JAMES GLEICK – Sim. É uma boa questão. Devo começar dizendo que nunca achei que tivesse de escrever sobre disciplinas científicas individuais como tópicos. Mas há conexões especificas entre o caos –a nova ciência do caos, sobre a qual comecei a escrever nos anos 1980– e a ciência da informação. Há até mesmo uma pequena referência em meu livro “Caos” sobre a teoria da informação, pois foi naquela época que ouvi pela primeira vez que existia uma coisa com esse nome. Foram aqueles caras que me contaram pela primeira vez sobre Claude Shannon, o matemático dos Laboratórios Bell que criou essa coisa chamada teoria da informação.

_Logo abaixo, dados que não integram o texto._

-- ===== src/NodeClass/Webhook/Kept.antt =====
-- The defaults of the webhook keep the disks that a node class stands for.
use mathlib.Core.Path.{subst}
use karpenter_provider_aliba.Prelude.{
  >>-eq-ok, >>=-eq-ok, Bool, Bool-cases, Option, Option-cases, String, ap, arith, fail_if,
  if◌then◌else◌, inl, inr, none, not, ok, ok_injective, refl, some, str_eq, str_eq_iff, sym, ℤ,
  ◌&&◌, ◌∙◌, ◌≡◌, ◌⊎◌,
}
use karpenter_provider_aliba.NodeClass.{EcsNodeClassSpec, SystemDiskSpec}
use karpenter_provider_aliba.NodeClass.Disks.{
  DiskPath, NormalizedDisks, NormalizedSystemDisk, check_system_disk, default_system_disk_category,
  default_system_disk_size, is_nil, is_valid_performance_level, kms_key_requires_encryption,
  normalize_data_disks, normalize_disk_performance, normalize_disks, normalize_encrypted,
  normalize_instance_store_policy, system_disk_of, system_disk_path, text_or_empty,
  validate_disk_category_and_size,
}
use karpenter_provider_aliba.NodeClass.Webhook.{default_system_disk, fill_in, level_if_set}

abbrev with_level : NormalizedSystemDisk → String → NormalizedSystemDisk
with_level d level = record d { performance_level = level }

level_kept : (level : String) → text_or_empty (level_if_set level) ≡ level
level_kept level = elim (Bool-cases (str_eq level "")) [
  | inl e ↦ rw e (sym ((str_eq_iff level "").0 e))
  | inr e ↦ rw e refl
]

abbrev read_category : String → String
read_category category = if not (str_eq category "") then category else default_system_disk_category

-- The category of the normalised disk is read back as itself.
category_kept :
    (category : String)
    → read_category (if str_eq category "" then read_category category else category)
      ≡ read_category category
category_kept category = elim (Bool-cases (str_eq category "")) [
  | inl e ↦ rw e refl
  | inr e ↦ rw (e, e) refl
]

abbrev disk_of : String → ℤ → String → Option Bool → String → NormalizedSystemDisk
disk_of category size level encrypted key = record {
  category = category;
  size = size;
  performance_level = level;
  encrypted = encrypted;
  kms_key_id = key;
}

abbrev read_size : Option ℤ → ℤ
read_size none = default_system_disk_size
read_size (some n) = n

size_kept :
    (size : Option ℤ)
    → read_size (elim size as (λ _. Option ℤ) [ none ↦ some (read_size size) | some n ↦ some n ])
      ≡ read_size size
size_kept none = refl
size_kept (some n) = refl

-- A disk with defaults is read back as the normalised disk, or as the disk was before.
default_system_disk-read :
    (disk : Option SystemDiskSpec) (level : String)
    → (system_disk_of (some (default_system_disk (with_level (system_disk_of disk) level) disk))
        ≡ with_level (system_disk_of disk) level)
      ⊎ (system_disk_of (some (default_system_disk (with_level (system_disk_of disk) level) disk))
          ≡ system_disk_of disk)
unfolding system_disk_of default_system_disk normalize_encrypted
default_system_disk-read none level = inl (
    ap (λ l. disk_of default_system_disk_category default_system_disk_size l none "")
      (level_kept level))
default_system_disk-read (some disk) level = elim (Option-cases disk.performance_level) [
  | inl n ↦ inl (same_disk level (rw n (level_kept level)))
  | inr (l, n) ↦ inr (same_disk (text_or_empty disk.performance_level) (rw n refl))
]
  where
    before : NormalizedSystemDisk
    before = system_disk_of (some disk)

    made : SystemDiskSpec
    made = default_system_disk (with_level before level) (some disk)

    same_disk :
        (l : String)
        → text_or_empty made.performance_level ≡ l
        → system_disk_of (some made) ≡ with_level before l
    same_disk l e =
        ap
          (λ c.
            disk_of c (system_disk_of (some made)).size
              (system_disk_of (some made)).performance_level before.encrypted before.kms_key_id)
          (category_kept disk.category)
        ∙ (ap
              (λ n.
                disk_of before.category n (system_disk_of (some made)).performance_level
                  before.encrypted before.kms_key_id)
              (size_kept disk.size)
            ∙ ap (λ p. disk_of before.category before.size p before.encrypted before.kms_key_id) e)

normalize_disk_performance_again :
    (path : DiskPath) (category level level' : String)
    → normalize_disk_performance path category level ≡ ok level'
    → normalize_disk_performance path category level' ≡ ok level'
unfolding normalize_disk_performance is_valid_performance_level
normalize_disk_performance_again path category level level' h = ground (arith, h)

check_system_disk-parts :
    (d d' : NormalizedSystemDisk)
    → check_system_disk d ≡ ok d'
    → (level : String) × (validate_disk_category_and_size system_disk_path d.category d.size
        ≡ ok tt)
      × (normalize_disk_performance system_disk_path d.category d.performance_level ≡ ok level)
      × (fail_if
            (not (str_eq d.kms_key_id "") && is_nil d.encrypted)
            (kms_key_requires_encryption system_disk_path)
          ≡ ok tt)
      × (with_level d level ≡ d')
unfolding check_system_disk
check_system_disk-parts d d' h =
    let (sized, h₁) = >>-eq-ok _ _ h in
    let (level, levelled, h₂) = >>=-eq-ok _ _ h₁ in
    let (keyed, h₃) = >>-eq-ok _ _ h₂ in (level, sized, levelled, keyed, ok_injective h₃)

-- The normalised system disk passes the checks as it is.
check_system_disk-level :
    (d d' : NormalizedSystemDisk)
    → check_system_disk d ≡ ok d'
    → (level : String) × (d' ≡ with_level d level) × (check_system_disk d' ≡ ok d')
unfolding check_system_disk
check_system_disk-level d d' h =
    let (level, sized, levelled, keyed, made) = check_system_disk-parts d d' h in
    let again =
      normalize_disk_performance_again system_disk_path d.category d.performance_level level
        levelled in
    let checked : check_system_disk (with_level d level) ≡ ok (with_level d level) =
      rw (check_system_disk, sized, again, keyed) refl in
    (level, sym made, subst (λ e. check_system_disk e ≡ ok e) made checked)

system_disk-defaulted :
    (disk : Option SystemDiskSpec) (d' : NormalizedSystemDisk)
    → check_system_disk (system_disk_of disk) ≡ ok d'
    → check_system_disk (system_disk_of (some (default_system_disk d' disk))) ≡ ok d'
system_disk-defaulted disk d' h =
    let (level, made, again) = check_system_disk-level (system_disk_of disk) d' h in
    let given = ap (λ d. system_disk_of (some (default_system_disk d disk))) made in
    elim (default_system_disk-read disk level) [
      | inl normal ↦ ap check_system_disk (given ∙ (normal ∙ sym made)) ∙ again
      | inr before ↦ ap check_system_disk (given ∙ before) ∙ h
    ]

normalize_disks-parts :
    (spec : EcsNodeClassSpec) (n : NormalizedDisks)
    → normalize_disks spec ≡ ok n
    → (normalize_instance_store_policy spec.instance_store_policy ≡ ok n.instance_store_policy)
      × (check_system_disk (system_disk_of spec.system_disk) ≡ ok n.system_disk)
      × (normalize_data_disks 0 spec.data_disks ≡ ok n.data_disks)
unfolding normalize_disks
normalize_disks-parts spec n h =
    let (policy, allowed, h₁) = >>=-eq-ok _ _ h in
    let (system, checked, h₂) = >>=-eq-ok _ _ h₁ in
    let (data_disks, listed, h₃) = >>=-eq-ok _ _ h₂ in
    let made = ok_injective h₃ in
    (
      allowed ∙ ap (λ d. ok d.instance_store_policy) made,
      checked ∙ ap (λ d. ok d.system_disk) made,
      listed ∙ ap (λ d. ok d.data_disks) made,
    )

-- The defaults do not change the disks that a node class stands for.
pub normalize_disks-fill_in :
    (spec : EcsNodeClassSpec) (n : NormalizedDisks)
    → normalize_disks spec ≡ ok n
    → normalize_disks (fill_in n spec) ≡ ok n
unfolding normalize_disks fill_in
normalize_disks-fill_in spec n h =
    let (allowed, checked, listed) = normalize_disks-parts spec n h in
    rw
      (
        allowed,
        normalize_disks,
        system_disk-defaulted spec.system_disk n.system_disk checked,
        listed,
      )
      refl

Eu achava estranho (e ao mesmo tempo maravilhoso) que houvesse toda uma ciência sobre algo chamado informação. Primeiro, porque informação não me parecia ser um assunto para a ciência –talvez até menos do que o caos. Segundo, porque eles a estavam usando para estudar sistemas físicos. Eu quis então entender qual podia ser a conexão entre esse conceito abstrato, que conhecemos como informação, e um sistema físico.
Essa conexão existia e tinha algo a ver com entender a diferença entre ordem e desordem. Você mencionou que ela parece permear todas as áreas da ciência. Isso ocorre porque ela é um princípio fundamental de nosso olhar sobre o mundo, é algo que vai além das divisões artificiais que aplicamos às ciências.
Dizer que a física é algo em oposição à biologia é artificial. É apenas uma consequência da maneira com que damos nomes às coisas. Ha muita sobreposição entre a física e a biologia. O mesmo vale para outras disciplinas nas quais dividimos a ciência.
Mas, dizer que você esta interessado em estudar a diferença entre ordem e desordem significa automaticamente dizer que você está olhando para todas as partes do mundo. Isso é o que, para mim, parecia ser empolgante sobre o caos. Era algo que os cientistas estavam fazendo e que se aplicava a tudo. Aplicava-se à economia, aplicava-se à meteorologia e a todo o resto.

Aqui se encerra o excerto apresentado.